Task requirements
Below are lines of data. Give the number of them that contain the string "free", and nothing else.

BEGIN

-- ===== src/Runner/Template/Progress.antt =====
-- A request to the template process can always be brought to its answer.
use kudos_judge.Base.{◌≡◌, refl, true, Option, none, some, Bytes, pos}
use kudos_judge.Runner.Template.Handshake.{Quiet, Joint, Reach-Joint}
use kudos_judge.Runner.Template.{
  ready, ok, Payload, Shared, Client, idle, awaits_start, signals, awaits_ready, writes, sends,
  awaits_reply, reads, confirms, unlocks, Template, looping, sleeping, entered, awaits_request,
  reads_request, clones_watcher, writes_pid, answers_pid, awaits_ok, leaves, Ask, see_start, signal,
  see_ready, write, send, see_reply, take_pid, confirm, Serve, announce, wake, interrupt_loop,
  interrupt_sleep, enter, see_request, read_request, clone_watcher, write_pid, answer, see_ok,
  leave, Reach,
}

-- The request of the thread that holds the mutex.
abbrev pub request_of : Client → Option Bytes
request_of idle = none
request_of (awaits_start q) = some q
request_of (signals q) = some q
request_of (awaits_ready q) = some q
request_of (writes q) = some q
request_of (sends q) = some q
request_of (awaits_reply q) = some q
request_of (reads q) = some q
request_of (confirms q p) = some q
request_of (unlocks q p) = some q

-- Steps of both sides lead to the thread's unlocking of the mutex with an answer to this request; where
-- no thread holds it, there is nothing to come to.
pub data Leads : Option Bytes → Shared → Client → Template → Type 0 where
  free : {m : Shared} {t : Template} → Leads none m idle t
  told : {m : Shared} {t : Template} {q : Bytes} {p : Payload} → Leads (some q) m (unlocks q p) t
  asks :
      {m m' : Shared} {c c' : Client} {t : Template} {r : Option Bytes}
      → Ask m c m' c'
      → Leads r m' c' t
      → Leads r m c t
  serves :
      {m m' : Shared} {c : Client} {t t' : Template} {r : Option Bytes}
      → Serve m t m' t'
      → Leads r m' c t'
      → Leads r m c t

module _ (q : Bytes) where
  from_reads : (m : Shared) (t : Template) → Leads (some q) m (reads q) t
  from_reads m t = asks take_pid (asks confirm told)

  from_answer : (m : Shared) → m.flag ≡ ready → Leads (some q) m (awaits_reply q) awaits_ok
  from_answer m e = asks (see_reply e) (from_reads m awaits_ok)

  from_pid : (m : Shared) → Leads (some q) m (awaits_reply q) answers_pid
  from_pid m = serves answer (from_answer _ refl)

  from_clone : (m : Shared) (p : Payload) → Leads (some q) m (awaits_reply q) (clones_watcher p)
  from_clone m p = serves (clone_watcher (pos 1)) (serves write_pid (from_pid _))

  from_request : (m : Shared) → m.flag ≡ ok → Leads (some q) m (awaits_reply q) awaits_request
  from_request m e = serves (see_request e) (serves read_request (from_clone _ _))

  from_writes : (m : Shared) → Leads (some q) m (writes q) awaits_request
  from_writes m = asks write (asks send (from_request _ refl))

  from_ready : (m : Shared) → m.flag ≡ ready → Leads (some q) m (awaits_ready q) awaits_request
  from_ready m e = asks (see_ready e) (from_writes m)

  from_entered : (m : Shared) → Leads (some q) m (awaits_ready q) entered
  from_entered m = serves enter (from_ready _ refl)

  from_sleep : (m : Shared) → m.pending ≡ true → Leads (some q) m (awaits_ready q) sleeping
  from_sleep m e = serves (interrupt_sleep e) (from_entered _)

  from_loop : (m : Shared) → m.pending ≡ true → Leads (some q) m (awaits_ready q) looping
  from_loop m e = serves (interrupt_loop e) (from_entered _)

  from_looping : (m : Shared) → Leads (some q) m (awaits_start q) looping
  from_looping m = serves announce (asks (see_start refl) (asks signal (from_sleep _ refl)))

  from_quiet : (m : Shared) (t : Template) → Quiet m t → Leads (some q) m (awaits_start q) t
  from_quiet m looping quiet = from_looping m
  from_quiet m sleeping quiet = serves wake (from_looping m)
  from_quiet m awaits_ok (_, e) = serves (see_ok e) (serves leave (from_looping _))
  from_quiet m leaves quiet = serves leave (from_looping _)
  from_quiet m _ quiet = elim quiet [ ]

  Joint-Leads_ready :
      (m : Shared) (t : Template) → Joint m (awaits_ready q) t → Leads (some q) m (awaits_ready q) t
  Joint-Leads_ready m looping (e, _, _) = from_loop m e
  Joint-Leads_ready m sleeping (e, _, _) = from_sleep m e
  Joint-Leads_ready m entered j = from_entered m
  Joint-Leads_ready m awaits_request (_, e, _) = from_ready m e
  Joint-Leads_ready m _ j = elim j [ ]

  Joint-Leads_reply :
      (m : Shared) (t : Template) → Joint m (awaits_reply q) t → Leads (some q) m (awaits_reply q) t
  Joint-Leads_reply m awaits_request (_, e, _, _) = from_request m e
  Joint-Leads_reply m reads_request j = serves read_request (from_clone _ _)
  Joint-Leads_reply m (clones_watcher p) j = from_clone m p
  Joint-Leads_reply m (writes_pid pid) j = serves write_pid (from_pid _)
  Joint-Leads_reply m answers_pid j = from_pid m
  Joint-Leads_reply m awaits_ok (_, e, _) = from_answer m e
  Joint-Leads_reply m _ j = elim j [ ]

Joint-Leads : (m : Shared) (c : Client) (t : Template) → Joint m c t → Leads (request_of c) m c t
Joint-Leads m idle t j = free
Joint-Leads m (awaits_start q) t (quiet, _) = from_quiet q m t quiet
Joint-Leads m (signals q) looping j = asks signal (from_loop q _ refl)
Joint-Leads m (signals q) sleeping j = asks signal (from_sleep q _ refl)
Joint-Leads m (awaits_ready q) t j = Joint-Leads_ready q m t j
Joint-Leads m (writes q) awaits_request j = from_writes q m
Joint-Leads m (sends q) awaits_request j = asks send (from_request q _ refl)
Joint-Leads m (awaits_reply q) t j = Joint-Leads_reply q m t j
Joint-Leads m (reads q) t j = from_reads q m t
Joint-Leads m (confirms q p) t j = asks confirm told
Joint-Leads m (unlocks q p) t j = told
Joint-Leads m _ _ j = elim j [ ]

-- From every state that the interleavings reach with a thread in possession of the mutex, there
-- are steps of the two sides by which this thread comes to unlock it with an answer read for its
-- own request.
pub Reach-Leads :
    {m : Shared} {c : Client} {t : Template} → Reach m c t → Leads (request_of c) m c t
Reach-Leads {m} {c} {t} r = Joint-Leads m c t (Reach-Joint r)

END

Your solution
2